1.1 What is a thread

  • thread
    • LWP: light weight process, lightweight process, the essence is still a process (in Linux environment)
    • There is an independent PCB, but no independent address space (shared)
    • smallest execution unit
  • process
    • Independent address space, own PCB
    • The smallest unit of resource allocation can be regarded as a process with only one thread.
  • The difference between process and thread
    • Depends on whether the address space is shared. Living alone (process); sharing (thread). Under Linux:

1.2 Linux kernel thread implementation principle

  • In Unix-like systems, there was no concept of "threads" in the early days. It was only introduced in the 1980s, and the concept of threads was realized with the help of the process mechanism. Therefore, in this type of system, processes and threads are closely related

    • Light-weight processes also have PCBs. The underlying functions used to create threads are the same as processes, which are all clones.
    • From the kernel perspective, processes and threads are the same and have different PCBs, but the three-level page tables pointing to memory resources in the PCB are the same.
    • Processes can transform into threads
    • A thread can be viewed as a collection of registers and stacks
    • Under Linux, threads are the smallest unit of execution, and processes are the smallest unit of allocated resources.
  • View LWP number

    $ ps -Lf pid
    
  • Level 3 mapping

    • Process PCB --> Page directory (can be viewed as an array, the first address is located in the PCB) –> Page table --> Physical page --> Memory unit
    • For processes , the same address (the same virtual address) can be used repeatedly in different processes without conflict. The reason is that although their virtual addresses are the same, their page directories, page tables, and physical pages are different. The same virtual address is mapped to different physical page memory units and ultimately accesses different physical pages.
    • The threads are different . The two threads have independent PCBs, but share the same page directory, which means they share the same page table and physical page , so the two PCBs share an address space.
  • In fact, whether it is fork to create a process or pthread_create to create a thread, the underlying implementation calls the same kernel function clone.

    • If you copy the other party's address space, a process will be generated.
    • If the other party's address space is shared , a thread is generated.
  • The Linux kernel does not distinguish between processes and threads, only at the user level. All thread operation functions pthread_* are library functions

Insert image description here

1.3 Thread shared/non-shared resources

  • Thread shared resources
    • file descriptor table
    • How each signal is processed
    • current working directory
    • User ID and Group ID
    • Memory address space (.text/.data/.bss/heap/shared library)
  • Thread non-shared resources
    • Thread id
    • Processor context and stack pointers (kernel stack)
    • Independent stack space (user space stack)
    • errno variable
    • signal mask word
    • Scheduling priority

1.4 Advantages and Disadvantages of Threads

  • advantage
    • Improve program concurrency
    • Low resource overhead
    • Data communication and data sharing are convenient
  • shortcoming
    • Library function, unstable
    • Debugging, difficulty in writing, not supported by gdb
    • Poor signal support

The advantages are relatively outstanding, and the shortcomings are not flaws. Under Linux, due to the implementation method, the difference between processes and threads is not very big. Threads are used first.
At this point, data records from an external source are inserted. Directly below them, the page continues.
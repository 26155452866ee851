-- ===== src/OnlineWebhook/Difference.antt =====
-- What it means that two snapshots do not differ.
use nexcore_x_ui.Prelude.{
  ◌≡◌, refl, sym, ap, ap₂, ◌∙◌, String, true, false, ◌||◌, Option, none, some, List, [], ◌∷◌,
  str_eq, eq_iff, ==_iff, length, arith, Bool-cases, inl, inr,
}
use nexcore_x_ui.Prelude.Maps.{lookup, has_key, keys_distinct, lookup-same}
use nexcore_x_ui.OnlineWebhook.{
  Online, World, equal_sorted_strings, differs, some_differ, has_diff, snapshot,
}

equal_sorted_strings-eq : (xs ys : List String) → equal_sorted_strings xs ys ≡ true → xs ≡ ys
unfolding equal_sorted_strings
equal_sorted_strings-eq [] [] h = refl
equal_sorted_strings-eq [] (b ∷ bs) h = cc
equal_sorted_strings-eq (a ∷ more) [] h = cc
equal_sorted_strings-eq (a ∷ more) (b ∷ bs) h =
    ap₂ ◌∷◌ ((eq_iff a b).0 (ground arith)) (equal_sorted_strings-eq more bs (ground arith))

differs-lookup :
    (ips : List String) (o : Option (List String)) → differs ips o ≡ false → o ≡ some ips
differs-lookup ips none h = cc
differs-lookup ips (some prev) h = ap some (equal_sorted_strings-eq prev ips (ground arith))

some_differ-held :
    (last current : Online) (k : String) (v : List String)
    → some_differ last current ≡ false
    → lookup k current ≡ some v
    → lookup k last ≡ some v
some_differ-held last [] k v h found = cc
some_differ-held last ((j, ips) ∷ current) k v h found = elim (Bool-cases (str_eq j k)) [
  | inl here ↦
      ap (λ i. lookup i last) (sym ((eq_iff j k).0 here))
      ∙ differs-lookup ips (lookup j last) (ground arith)
      ∙ (rw here at found)
  | inr there ↦ some_differ-held last current k v (ground arith) (rw there at found)
]

-- Without a difference the two maps agree on every email.
pub has_diff-lookup :
    (last current : Online)
    → keys_distinct last ≡ true
    → keys_distinct current ≡ true
    → has_diff last current ≡ false
    → (email : String) → lookup email last ≡ lookup email current
unfolding has_diff
has_diff-lookup last current d e h email =
    lookup-same current last e d (ground (arith, ==_iff (length current) (length last)))
      (λ k v found. some_differ-held last current k v (ground arith) found) email

has_key-snapshot :
    (w : World) (raw : Online) (k : String) → has_key k (snapshot w raw) ≡ has_key k raw
unfolding snapshot
has_key-snapshot w [] k = refl
has_key-snapshot w ((j, ips) ∷ raw) k = ap (λ b. str_eq j k || b) (has_key-snapshot w raw k)

pub snapshot-keys_distinct :
    (w : World) (raw : Online) → keys_distinct raw ≡ true → keys_distinct (snapshot w raw) ≡ true
unfolding snapshot
snapshot-keys_distinct w [] h = refl
snapshot-keys_distinct w ((j, ips) ∷ raw) h =
    ground (arith, has_key-snapshot w raw j, snapshot-keys_distinct w raw)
2. Thread control primitives

2.1 pthread_self function

  • Get the thread ID , its function corresponds to the getpid() function in the process
    #include <pthread.h>
    
    // 返回值 成功 0; 失败:无
    pthread_t pthread_self(void);
    // Compile and link with -pthread
    
  • Thread ID: pthread_t type
    • Essence: It is an unsigned integer (%lu) under Linux, and it may be a structure in other systems.
    • Thread ID is the internal identification mark of the process (the thread ID is allowed to be the same between two processes)

The global variable pthread_t tid should not be used to pass out parameters through pthread_create in the child thread to obtain the thread ID. Instead, pthread_self should be used

2.2 pthread_create function

  • Create a new thread , whose function corresponds to the fork() function in the process

    #include <pthread.h>
    
    // 返回值 成功 0; 失败:对应的错误号
    int pthread_create(pthread_t *thread, const pthread_attr_t *attr, void *(*start_routine)(void *), void *arg);
    // Compile and link with -pthread
    
    • Parameter 1: Outgoing parameter, save the thread ID assigned by the system
    • Parameter 2: Usually NULL is passed , which means using the thread default attributes. If you want to use specific attributes, you can also modify this parameter
    • Parameter 3: Function pointer, pointing to the main function of the thread (thread body). When the function ends, the thread ends.
    • Parameter 4: Parameters used during execution of the thread main function
  • After calling pthread_create() in a thread to create a new thread , the current thread returns from pthread_create() and continues execution, and the code executed by the new thread is determined by the function pointer start_routine passed to pthread_create.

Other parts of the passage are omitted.